Ma. Luisa Xiqui, Angélica Romero, E. Elisa Terán, Lucía Soto y Beatriz E. Baca.                 Descargar versión PDF


El ácido di-(3’ 5’) guanosin-monofosfato (di-GMPc) fue descrito por vez primera por el grupo de Moshe Benziman (36), quienes establecieron que la producción de la celulosa en Gluconacetobacter xylinus es regulada por el di-GMPc. Las enzimas que controlan el recambio del di-GMPc son la di-guanilato ciclasa (DGC), que estimula la reacción 200 veces, y la fosfodiesterasa (PDEA), enzima que hidroliza de manera específica el di-GMPc.41 El complejo celulosa sintasa es activado de manera alostérica por el di-GMPc; una vez activado, el sistema sintetiza celulosa para los requerimientos bacterianos. La fosfodiesterasa subsecuentemente cataliza la hidrólisis del di-GMPc, transformándolo en 5’pG-p-G lineal, el cual no es activador de la celulosa sintasa. A su vez la fosfodiesterasa es regulada por el oxígeno, éste se une a la proteína a través de un grupo hemo ligado al dominio PAS (dominio de proteínas conservado, anotado así porque ocurre en las proteínas eucariotas: PER, ARNT y SIM). Los estudios cinéticos indicaron que la apo-fosfodiesterasa es sólo 2% activa en ausencia del grupo hemo ligado al dominio PAS de la enzima, y la regulación por el oxígeno se realiza cuando éste se une al hemo, siendo más activa la deoxi-fosfodiesterasa (5).


Figura 1. Funciones controladas por el Di-GMPc. A nivel celular, la poza del Di-GMPc es controlada por enzimas con actividad de diguanilato ciclasa DGCs, las cuales poseen un dominio GGDEF y fosfodiesterasas específicas en las que ocurren dos dominios, EAL y HD-GYP. El Di-GMPc reduce la motilidad de la célula regulando la expresión de los genes (i.e. Pseudomonas aeruginosa) o el ensamblado de las proteínas que conforman la estructura del flagelo (i.e. Caulobacter crescentus), o bien interfiriendo con la función del motor (i.e. Escherichia coli, C. crescentus). Una concentración reducida de di-GMPc es requerida para la expresión de genes de virulencia (i.e. Vibrio cholerae). Mientras que una elevada poza de di-GMPc estimula la producción de funciones asociadas a la producción de la biopelícula, por ejemplo: la síntesis de exopolisacáridos, fimbrias y otras adhesinas. En C. crescentus la poza de di-GMPc localizada es clave para la progresión del ciclo celular. Modificado de Hengge (18).
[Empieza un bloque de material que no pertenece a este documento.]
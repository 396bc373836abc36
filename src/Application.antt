-- ===== src/Application.antt =====
-- internal/application: the use cases.
pub mod Scores
pub mod Allocation
pub mod Tasks
pub mod Dependencies
pub mod Orders
pub mod Service
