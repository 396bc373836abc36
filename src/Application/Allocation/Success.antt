-- ===== src/Application/Allocation/Success.antt =====
-- An assignment succeeds where no call fails and its resources are free.
use kitchen_ops.Base.{
  ℕ, ◌+◌, ◌≡◌, ◌≢◌, refl, Bool, true, false, ◌&&◌, not, none, some, List, [], ◌∷◌, find?, has_key,
  find_by_key, find-update_self, if_elim, All, All-map, All-append, All-sort, where_, ==-self, ◌==◌,
  update_where, IsKeyed, ltb, Bool-cases, inl, inr, arith,
}
use kitchen_ops.Models.{TaskModel, StaffModel, CounterModel, MachineModel, Database}
use kitchen_ops.Runtime.{Services, Kitchen, Float64, arrange}
use kitchen_ops.Runtime.Success.{OnDone, on_tx-OnDone, read_OnDone, or_throw-OnDone}
use kitchen_ops.Repository.Allocation.{
  is_assignable, is_free_machine, is_eligible, assign_row, join, for_each, lock_task_for_assignment,
  lock_counter, find_eligible_staff, lock_machine_for_task, lock_staff, update_task_assignment,
  increment_staff_active_tasks,
}
use kitchen_ops.Repository.Lifecycle.{increment_counter_usage, increment_machine_usage}
use kitchen_ops.Repository.Orders.{mark_order_in_progress_if_confirmed}
use kitchen_ops.Repository.Events.{insert_domain_event}
use kitchen_ops.Application.Scores.{pick_from, pick_staff, staff_score}
use kitchen_ops.Application.Allocation.{record_assignment, assign_among, assign_task}

module _ {F : Type 0} (P : StaffModel F → Type 0) where
  -- The choice is one of the list.
  pick_from-All :
      (fl : Float64 F) (now : ℕ) (rest : List (StaffModel F)) (best : StaffModel F) (score : F)
      → P best
      → All P rest
      → P (pick_from fl now best score rest)
  unfolding pick_from
  pick_from-All fl now [] best score h hs = h
  pick_from-All fl now (r ∷ rest) best score h hs =
      pick_from-All fl now rest _ _ (if_elim P (fl.lt (staff_score fl now r) score) hs.0 h) hs.1

  pick_staff-All :
      (fl : Float64 F) (now : ℕ) (first : StaffModel F) (rest : List (StaffModel F))
      → P first
      → All P rest
      → P (pick_staff fl now first rest)
  unfolding pick_staff
  pick_staff-All fl now first rest h hs =
      pick_from-All fl now rest first (staff_score fl now first) h hs

  for_each-All : {B : Type 0} (r : StaffModel F) (bs : List B) → P r → All P (for_each r bs)
  for_each-All r [] h = tt
  for_each-All r (b ∷ bs) h = (h, for_each-All r bs h)

  join-All :
      {B : Type 0} (on : StaffModel F → B → Bool) (rs : List (StaffModel F)) (bs : List B)
      → All P rs
      → All P (join on rs bs)
  join-All on [] bs h = tt
  join-All on (r ∷ rs) bs h =
      All-append P (for_each r (where_ (on r) bs)) (join on rs bs)
        (for_each-All r (where_ (on r) bs) h.0) (join-All on rs bs h.1)

-- A row of the table is found by its id, itself or an earlier one.
abbrev IsFound : {F : Type 0} → List (StaffModel F) → StaffModel F → Type 0
IsFound {F} staff r = (x : StaffModel F) × (find? (has_key (λ y. y.id) r.id) staff ≡ some x)

IsFound-later :
    {F : Type 0} (s : StaffModel F) (staff : List (StaffModel F)) (r : StaffModel F)
    → IsFound staff r
    → IsFound (s ∷ staff) r
IsFound-later s staff r (x, found) = elim (Bool-cases (s.id == r.id)) [
  | inl hit ↦ rw hit (s, refl)
  | inr miss ↦ rw miss (x, found)
]

staff-AreFound : {F : Type 0} (staff : List (StaffModel F)) → All (IsFound staff) staff
staff-AreFound [] = tt
staff-AreFound (s ∷ staff) = (
  (s, ground (arith, ==-self s.id)),
  All-map (IsFound staff) (IsFound (s ∷ staff)) staff (IsFound-later s staff)
      (staff-AreFound staff),
)

-- What an assignment of the task at the time `now` needs: ids are a primary key; the task is
-- unassigned and waits for nothing; its counter has room; its machine is up and has room; a staff
-- member of its counter is available; and no other transaction holds the task's or the machine's row.
pub record CanBeAssigned {F Q : Type 0} (w : Services F Q) (now task_id : ℕ) (task : TaskModel F)
    (db : Database F) : Type 0 where
  pub keyed : IsKeyed (λ t. t.id) db.tasks
  pub waits :
      (n : ℕ) → find? (λ t. is_assignable task_id t && not (w.locked n t.id)) db.tasks ≡ some task
  pub counter : CounterModel
  pub at_counter : find? (has_key (λ c. c.id) task.counter_id) db.counters ≡ some counter
  pub has_room : ltb counter.in_use counter.capacity ≡ true
  pub machine_id : ℕ
  pub needs : task.machine_id ≡ some machine_id
  pub machine : MachineModel
  pub is_free :
      (n : ℕ)
      → find?
          (λ m. is_free_machine machine_id task.counter_id m && not (w.locked n m.id))
          db.machines
        ≡ some machine
  pub staffed :
      (n : ℕ)
      → join (is_eligible task.counter_id now) (arrange w n (λ r. r.id) db.staff) db.staff_skills
        ≢ []

-- The action's result is the task's id, and the task is assigned.
abbrev pub IsAssignedTo : {F Q : Type 0} → ℕ → TaskModel F → ℕ → Kitchen F Q → Type 0
IsAssignedTo now task id s =
    (s.aborted ≡ false)
    × ((id ≡ task.id)
        × ((staff_id machine_id : ℕ) × (find? (has_key (λ t. t.id) task.id) s.db.tasks
              ≡ some (assign_row staff_id machine_id now task))))

module _ {F Q : Type 0} (w : Services F Q) (quiet : (n : ℕ) → w.fails n ≡ none) where
  record_assignment_done :
      (now staff_id machine_id : ℕ) (task : TaskModel F) (s : Kitchen F Q)
      → s.aborted ≡ false
      → find? (has_key (λ t. t.id) task.id) s.db.tasks ≡ some task
      → OnDone (IsAssignedTo now task) (record_assignment w now task staff_id machine_id s)
  unfolding record_assignment update_task_assignment increment_counter_usage increment_machine_usage
      mark_order_in_progress_if_confirmed increment_staff_active_tasks insert_domain_event
  record_assignment_done now staff_id machine_id task s open_tx found =
      on_tx-OnDone w quiet P _ _ s open_tx (
        on_tx-OnDone w quiet P _ _ _ open_tx (
          on_tx-OnDone w quiet P _ _ _ open_tx (
            on_tx-OnDone w quiet P _ _ _ open_tx (
              on_tx-OnDone w quiet P _ _ _ open_tx (
                on_tx-OnDone w quiet P _ _ _ open_tx
                  (open_tx, (refl, (staff_id, machine_id, assigned))))))))
    where
      P : ℕ → Kitchen F Q → Type 0
      P = IsAssignedTo now task

      assigned :
          find? (has_key (λ t. t.id) task.id) (
            update_where
              (has_key (λ t. t.id) task.id)
              (assign_row staff_id machine_id now)
              s.db.tasks)
          ≡ some (assign_row staff_id machine_id now task)
      assigned =
          find-update_self (λ t. t.id) task.id (assign_row staff_id machine_id now) s.db.tasks task
            (λ r. refl) found

  assign_among_done :
      (now task_id machine_id : ℕ) (task : TaskModel F) (machine : MachineModel) (s : Kitchen F Q)
      (staff_list : List (StaffModel F))
      → s.aborted ≡ false
      → find? (has_key (λ t. t.id) task.id) s.db.tasks ≡ some task
      → task.machine_id ≡ some machine_id
      → ((n : ℕ)
          → find?
              (λ m. is_free_machine machine_id task.counter_id m && not (w.locked n m.id))
              s.db.machines
            ≡ some machine)
      → staff_list ≢ []
      → All (IsFound s.db.staff) staff_list
      → OnDone (IsAssignedTo now task) (assign_among w now task staff_list s)
  unfolding assign_among lock_machine_for_task lock_staff
  assign_among_done now task_id machine_id task machine s [] open_tx found needs free some_staff
        known =
      absurd (some_staff refl)
  assign_among_done now task_id machine_id task machine s (first ∷ rest) open_tx found needs free
        some_staff known =
      let (x, there) = pick_staff-All (IsFound s.db.staff) w.float now first rest known.0 known.1 in
      or_throw-OnDone P task.machine_id _ _ s machine_id needs (
        read_OnDone w quiet P _ _ _ s machine open_tx (free (s.calls + 1)) (
          read_OnDone w quiet P _ _ _ _ x open_tx there (
            record_assignment_done now (pick_staff w.float now first rest).id machine.id task _
              open_tx found)))
    where
      P : ℕ → Kitchen F Q → Type 0
      P = IsAssignedTo now task

  pub assign_task_done :
      (now task_id : ℕ) (task : TaskModel F) (s : Kitchen F Q)
      → s.aborted ≡ false
      → CanBeAssigned w now task_id task s.db
      → OnDone (IsAssignedTo now task) (assign_task w now task_id s)
  unfolding assign_task lock_task_for_assignment lock_counter find_eligible_staff
  assign_task_done now task_id task s open_tx ready =
      read_OnDone w quiet P _ _ _ s task open_tx (ready.waits (s.calls + 1)) (
        read_OnDone w quiet P _ _ _ _ ready.counter open_tx ready.at_counter (
          rw ready.has_room (
            on_tx-OnDone w quiet P _ _ _ open_tx (
              assign_among_done now task_id ready.machine_id task ready.machine _ _ open_tx
                (find_by_key (λ t. t.id) _ s.db.tasks task ready.keyed (ready.waits 0)) ready.needs
                ready.is_free (ready.staffed _)
                (join-All (IsFound s.db.staff) _ _ s.db.staff_skills
                  (All-sort (IsFound s.db.staff) _ s.db.staff (staff-AreFound s.db.staff)))))))
    where
      P : ℕ → Kitchen F Q → Type 0
      P = IsAssignedTo now task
    En general, el di-GMPc estimula la biosíntesis de adhesinas y exopolisacáridos, estructuras que forman la matriz de las biopelículas, e inhibe varias formas de motilidad en las bacterias, controlando la transición de la célula motil a sedentaria. Además, regula funciones asociadas a virulencia en patógenos de animales, humanos y plantas, la progresión del ciclo celular, la producción de antibióticos y otras funciones celulares. Sin embargo, los mecanismos que subyacen a estos procesos moleculares y, en particular, los blancos directos que son afectados por los efectores que unen al di-GMPc están en proceso de ser definidos (Figura 1).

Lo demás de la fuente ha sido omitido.